Cortisol regulates energy release as well as the immune system and neither too much or too little is unhealthy. So, I asked these patients to get cortisol blood levels first thing in the morning, just like I had with many of the over-stressed, anxious, depressed patients described above. Many of these poor souls were making almost no cortisol at all, while the anxious and depressed patients most often had very high levels. Can you see the pattern here? These cortisol depleted patients seemed to be suffering from “adrenal fatigue”, which occurred after long periods of high stress or even a brief serious illness, just like the neurasthenia patients in the 19th century. Fortunately for us, I could refer these cortisol depleted patients to James Wilson’s self-help book Adrenal Fatigue. 

Population density stress was making us sick and killing us, first through the “diseases of civilization”, and then as a result of adrenal fatigue!

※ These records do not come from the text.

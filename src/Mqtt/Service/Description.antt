-- ===== src/Mqtt/Service/Description.antt =====
-- mqtt/service.py: what `GroupControlService` tells its clients: the snapshots of its states, and
-- `system_config`.
use jebao_flow_engine.Base.{ℕ, if◌then◌else◌, List, [], ◌∷◌, String, keep}
use jebao_flow_engine.Base.Dict.{Dict, lookup}
use jebao_flow_engine.Base.Result.{Result, ok, ◌>>=◌, ◌>>◌, require, key_error}
use jebao_flow_engine.Config.{
  AppConfig, DeviceConfig, DeviceType, is_observer, wavemaker, return_pump, dosing_pump,
}
use jebao_flow_engine.Floats.{Floats}
use jebao_flow_engine.Groups.{
  GroupConfig, PatternKind, constant, sync, anti_phase, lagoon, reef_crest, gyre, tidal_swell,
  nutrient_transport, sine, random_reef, tide, native,
}
use jebao_flow_engine.Mqtt.Models.{
  DeviceDescriptor, DeviceStatePayload, GroupDescriptor, GroupStatePayload, SystemConfigPayload,
  check_device_descriptor,
}
use jebao_flow_engine.Mqtt.Service.{Service, device_config, is_grouped}
use jebao_flow_engine.Mqtt.Service.Overrides.{device_controls, is_dosing_pump}
use jebao_flow_engine.Patterns.Interface.{Calculator}

-- `tuple(d.values())`
unfoldable pub values {ℓ} : {V : Type ℓ} → Dict V → List V
values [] = []
values ((key, value) ∷ d) = value ∷ values d

module _ {Float : Type 0} where
  unfoldable pub snapshots : Service Float → List (GroupStatePayload Float)
  unfolding values
  snapshots s = values s.states

  unfoldable pub device_snapshots : Service Float → List DeviceStatePayload
  unfolding values
  device_snapshots s = values s.device_states

  unfoldable pub snapshot : String → Service Float → Result (GroupStatePayload Float)
  snapshot group_id s = require key_error (lookup group_id s.states)

  unfoldable pub device_snapshot : String → Service Float → Result DeviceStatePayload
  device_snapshot device_id s = require key_error (lookup device_id s.device_states)

  unfoldable pub describe_groups : List (GroupConfig Float) → List GroupDescriptor
  describe_groups [] = []
  describe_groups (g ∷ groups) = record { id = g.id; name = g.name } ∷ describe_groups groups

-- `PatternKind` in the order of its texts
abbrev pub sorted_kinds : List PatternKind
sorted_kinds =
    anti_phase ∷ constant ∷ gyre ∷ lagoon ∷ native ∷ nutrient_transport ∷ random_reef ∷ reef_crest
    ∷ sine ∷ sync ∷ tidal_swell ∷ tide ∷ []

unfoldable pub ui_of : DeviceType → String
ui_of wavemaker = "flow_member"
ui_of return_pump = "simple_equipment"
ui_of dosing_pump = "simple_equipment"

module _ (F : Floats) (C : Calculator F) (config : AppConfig F.Float) (clock : ℕ → F.Float) where
  open F use {Float}

  unfoldable pub device_observables : String → Result (List String)
  device_observables device_id = do
    device ← device_config F C config device_id
    ok (
        if is_dosing_pump device.type
        then "enabled" ∷ "error" ∷ "schedule" ∷ []
        else "enabled" ∷ "power" ∷ "mode" ∷ "frequency" ∷ "error" ∷ "schedule" ∷ [])

  unfoldable pub describe_device : DeviceConfig → Result DeviceDescriptor
  unfolding ui_of device_observables
  describe_device d = do
    controls ← device_controls F C config clock d.id
    observables ← device_observables d.id
    let descriptor : DeviceDescriptor = record {
      id = d.id;
      name = d.name;
      type = d.type;
      grouped = is_grouped F C config d.id;
      ui = ui_of d.type;
      controls = controls;
      observables = observables;
      min_power = d.limits.min_power;
      max_power = d.limits.max_power;
    }
    check_device_descriptor descriptor
    ok descriptor

  unfoldable pub describe_devices : List DeviceConfig → Result (List DeviceDescriptor)
  unfolding describe_device
  describe_devices [] = ok []
  describe_devices (d ∷ rest) = do
    descriptor ← describe_device d
    descriptors ← describe_devices rest
    ok (descriptor ∷ descriptors)

  unfoldable pub features : List String
  features =
      if is_observer config.runtime.mode
      then "observer" ∷ "hardware_write_lock" ∷ []
      else "feed" ∷ "emergency_stop" ∷ "hardware_write_lock" ∷ "individual_override" ∷ []

  unfoldable pub system_config : Result SystemConfigPayload
  unfolding describe_groups describe_devices features
  system_config = do
    devices ← describe_devices config.devices
    ok (record {
      instance_id = config.instance_config.id;
      name = config.instance_config.name;
      runtime_mode = config.runtime.mode;
      groups = describe_groups config.groups;
      devices = devices;
      patterns = keep C.supports sorted_kinds;
      features = features;
    })
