-- ===== src/Fakes/Refined.antt =====
-- Every method of a fake does what its history says.
use mariadb_ctrl.Prelude.{
  ℕ, String, ◌≡◌, refl, sym, subst, ◌∙◌, ap, List, [], ◌∷◌, ◌++◌, Option, none, some, length,
  nat_eq, if◌then◌else◌, arith,
}
use mariadb_ctrl.Fakes.Table.{at, assign}
use mariadb_ctrl.Fakes.Method.{
  Value, Method, Procedure, Slot, new_method, new_procedure, answered, entered, double, run_stub,
  procedure_entered, dummy, procedure_args_for_call, args_for_call, get_elem?,
}
use mariadb_ctrl.Fakes.History.{
  Op, called, stubbed, returning, returning_on_call, elsewhere, stub_of, arguments, default_of,
  chosen, ProcedureOp, ran, stubbed_by, beside, last_stub, ran_with, effect, run_plain,
  BehavesPlainly, specific_of, run, Behaves, IsLawful,
}

pub at-assign :
    {R : Type 0} (m : List (ℕ × R)) (i n : ℕ) (r : R)
    → at nat_eq (assign nat_eq i r m) n ≡ (if nat_eq i n then some r else at nat_eq m n)
unfolding at assign
at-assign [] i n r = refl
at-assign ((j, q) ∷ m) i n r = ground (arith, at-assign m i n r)

-- The code answers as the history says, when its fields hold what the history says.
answered-chosen :
    {S A R : Type 0} {f g : Option (A → S → R × S)} {p q : Option R} {r t : R} (a : A) (s : S)
    → f ≡ g
    → p ≡ q
    → r ≡ t
    → answered f p r a s ≡ chosen g q t a s
unfolding answered
answered-chosen {g = some stub} {q = q} a s e x y = rw e refl
answered-chosen {g = none} {q = some specific} a s e x y = rw (e, x) refl
answered-chosen {g = none} {q = none} a s e x y = rw (e, x, y) refl

module _ {F S A R : Type 0} {slot : Slot F (Method S A R)} where
  -- The fields of the method hold what the history says.
  record Agrees (z : R) (h : List (Op slot)) (m : Method S A R) : Type 0 where
    stub : m.stub ≡ stub_of h
    args : m.args ≡ arguments h
    returned : m.returned ≡ default_of z h
    on_call : (n : ℕ) → at nat_eq m.on_call n ≡ specific_of h n

  module _ (key : String) (values : A → List Value) (note : String → List Value → F → F)
      (lawful : IsLawful slot note) where
    entered_get :
        (a : A) (f : F)
        → slot.get (entered slot key values note a f)
          ≡ record (slot.get f) { args = (slot.get f).args ++ a ∷ [] }
    unfolding entered
    entered_get a f = lawful.get-note key (values a) _ ∙ lawful.get-put _ f

    run-Agrees :
        (z : R) (f : F) (s : S)
        → slot.get f ≡ new_method z
        → (h : List (Op slot))
        → Agrees z h (slot.get (run (double slot key values note) h (f, s)).0)
    unfolding double new_method
    run-Agrees z f s fresh [] =
        subst (Agrees z []) (sym fresh)
          (record { stub = refl; args = refl; returned = refl; on_call = λ n. refl })
    run-Agrees z f s fresh (called a ∷ h) =
        let ih = run-Agrees z f s fresh h in
        subst (Agrees z (called a ∷ h)) (sym (entered_get a _)) (record {
          stub = ih.stub;
          args = ap (λ xs. xs ++ a ∷ []) ih.args;
          returned = ih.returned;
          on_call = ih.on_call;
        })
    run-Agrees z f s fresh (stubbed stub ∷ h) =
        let ih = run-Agrees z f s fresh h in
        subst (Agrees z (stubbed stub ∷ h)) (sym (lawful.get-put _ _))
          (record { stub = refl; args = ih.args; returned = ih.returned; on_call = ih.on_call })
    run-Agrees z f s fresh (returning r ∷ h) =
        let ih = run-Agrees z f s fresh h in
        subst (Agrees z (returning r ∷ h)) (sym (lawful.get-put _ _))
          (record { stub = refl; args = ih.args; returned = refl; on_call = ih.on_call })
    run-Agrees z f s fresh (returning_on_call i r ∷ h) =
        let ih = run-Agrees z f s fresh h in
        subst (Agrees z (returning_on_call i r ∷ h)) (sym (lawful.get-put _ _)) (record {
          stub = refl;
          args = ih.args;
          returned = ih.returned;
          on_call =
              λ n. at-assign _ i n r ∙ ap (λ o. if nat_eq i n then some r else o) (ih.on_call n);
        })
    run-Agrees z f s fresh (elsewhere g keeps ∷ h) =
        let state = run (double slot key values note) h (f, s) in
        let ih = run-Agrees z f s fresh h in
        subst (Agrees z (elsewhere g keeps ∷ h)) (sym (keeps state.0 state.1))
          (record { stub = ih.stub; args = ih.args; returned = ih.returned; on_call = ih.on_call })

    answering-Behaves :
        (z : R) (f : F) (s : S)
        → slot.get f ≡ new_method z
        → (h : List (Op slot))
        → let d = double slot key values note in Behaves d z h (run d h (f, s))
    unfolding double args_for_call
    answering-Behaves z f s fresh h =
        let state = run (double slot key values note) h (f, s) in
        let now = run-Agrees z f s fresh h in
        record {
          answers = λ a.
              let called_once = run-Agrees z f s fresh (called a ∷ h) in
              answered-chosen a state.1 called_once.stub
                (ap (λ xs. at nat_eq (slot.get state.0).on_call (length xs)) now.args
                  ∙ now.on_call (length (arguments h)))
                called_once.returned;
          counts = ap length now.args;
          keeps = λ i. ap (λ xs. get_elem? xs i) now.args;
        }

module _ {F S A : Type 0} {slot : Slot F (Procedure S A)} where
  -- The fields of the method without results hold what the history says.
  record Holds (h : List (ProcedureOp slot)) (m : Procedure S A) : Type 0 where
    stub : m.stub ≡ last_stub h
    args : m.args ≡ ran_with h

  module _ (key : String) (values : A → List Value) (note : String → List Value → F → F)
      (lawful : IsLawful slot note) where
    procedure_entered_get :
        (a : A) (f : F)
        → slot.get (procedure_entered slot key values note a f)
          ≡ record (slot.get f) { args = (slot.get f).args ++ a ∷ [] }
    unfolding procedure_entered
    procedure_entered_get a f = lawful.get-note key (values a) _ ∙ lawful.get-put _ f

    run_plain-Holds :
        (f : F) (s : S)
        → slot.get f ≡ new_procedure
        → (h : List (ProcedureOp slot))
        → Holds h (slot.get (run_plain (dummy slot key values note) h (f, s)).0)
    unfolding dummy new_procedure
    run_plain-Holds f s fresh [] =
        subst (Holds []) (sym fresh) (record { stub = refl; args = refl })
    run_plain-Holds f s fresh (ran a ∷ h) =
        let ih = run_plain-Holds f s fresh h in
        subst (Holds (ran a ∷ h)) (sym (procedure_entered_get a _))
          (record { stub = ih.stub; args = ap (λ xs. xs ++ a ∷ []) ih.args })
    run_plain-Holds f s fresh (stubbed_by stub ∷ h) =
        let ih = run_plain-Holds f s fresh h in
        subst (Holds (stubbed_by stub ∷ h)) (sym (lawful.get-put _ _))
          (record { stub = refl; args = ih.args })
    run_plain-Holds f s fresh (beside g keeps ∷ h) =
        let state = run_plain (dummy slot key values note) h (f, s) in
        let ih = run_plain-Holds f s fresh h in
        subst (Holds (beside g keeps ∷ h)) (sym (keeps state.0 state.1))
          (record { stub = ih.stub; args = ih.args })

    run_stub-effect :
        (f g : Option (A → S → S)) (a : A) (s : S) → f ≡ g → run_stub f a s ≡ effect g a s
    unfolding run_stub
    run_stub-effect f none a s e = rw e refl
    run_stub-effect f (some stub) a s e = rw e refl

    acting-Behaves :
        (f : F) (s : S)
        → slot.get f ≡ new_procedure
        → (h : List (ProcedureOp slot))
        → let d = dummy slot key values note in BehavesPlainly d h (run_plain d h (f, s))
    unfolding dummy procedure_args_for_call
    acting-Behaves f s fresh h =
        let state = run_plain (dummy slot key values note) h (f, s) in
        let now = run_plain-Holds f s fresh h in
        record {
          acts = λ a. run_stub-effect _ _ a state.1 (run_plain-Holds f s fresh (ran a ∷ h)).stub;
          counts = ap length now.args;
          keeps = λ i. ap (λ xs. get_elem? xs i) now.args;
        }

module _ {F S A B R : Type 0} {slot : Slot F (Method S A R)} {plain : Slot F (Procedure S B)}
    (note : String → List Value → F → F) (lawful : IsLawful slot note)
    (plain_lawful : IsLawful plain note) where
  -- Two methods of a new fake, one with results and one without, whatever is done to the fake and in
  -- whatever order, with anything between that leaves the fields of the method alone. The one with
  -- results answers the next call with the stub that was set last, unless results were set after it, else
  -- with the results set last for the call of this number, else with those set last for all calls, else
  -- with zero values. The one without results runs the stub that was set last, or does nothing to the
  -- state of the test when there is none. The call count of each is the number of its calls, and the
  -- arguments of each call are given back by the call's number and by no other.
  pub double-Behaves :
      (key plain_key : String) (values : A → List Value) (plain_values : B → List Value) (z : R)
      (f : F) (s : S)
      → slot.get f ≡ new_method z
      → plain.get f ≡ new_procedure
      → (h : List (Op slot)) (k : List (ProcedureOp plain))
      → let d = double slot key values note in
        let e = dummy plain plain_key plain_values note in
        Behaves d z h (run d h (f, s)) × BehavesPlainly e k (run_plain e k (f, s))
  double-Behaves key plain_key values plain_values z f s fresh plain_fresh h k = (
    answering-Behaves key values note lawful z f s fresh h,
    acting-Behaves plain_key plain_values note plain_lawful f s plain_fresh k,
  )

This has been a brief overview of what my patients taught me over a 42 year clinical medical practice. If the reader would like the details, just Google “Stress R Us” for a free e-book PDF in the MAHB website library at Stanford, or a PB copy on Amazon Books. This book goes into great detail demonstrating the connection between human overpopulation, population density stress, our rapidly increasing “diseases of civilization”, environmental collapse, and the other topics touched on above. 

The solution to the problem of our rapidly increasing diseases of civilization, our increasing cortisol levels or their collapse, and the human overpopulation driving them is simple. We need to voluntarily restrict our future worldwide reproduction to one-child per couple on average, which will bring our worldwide population down to the 1950 level of two and a half billion (2,500,000,000) by 2,100. Such a worldwide effort demands ready access to safe, effective, and inexpensive contraception and freedom for men and women to make the decision to limit their reproduction in order to have a habitable earth for their child, and the generation following, if there is to be one. 

Everywhere women (and men) are freed from the obligation in our Capitalist societies to overproduce offspring to keep the wheels of industry turning out excessive profits for the few running these huge corporations, and women are allowed and encouraged to get higher education and meaningful work, the fertility rate drops naturally.

The alternative to this voluntary human population reduction movement is increasing disease, increasing medical interventions, decreasing quality of life, unbearable medical costs, and misery, as well as continued environmental exhaustion and endless resource wars. Which do we prefer for ourselves and our offspring?

Thank you for your time and consideration!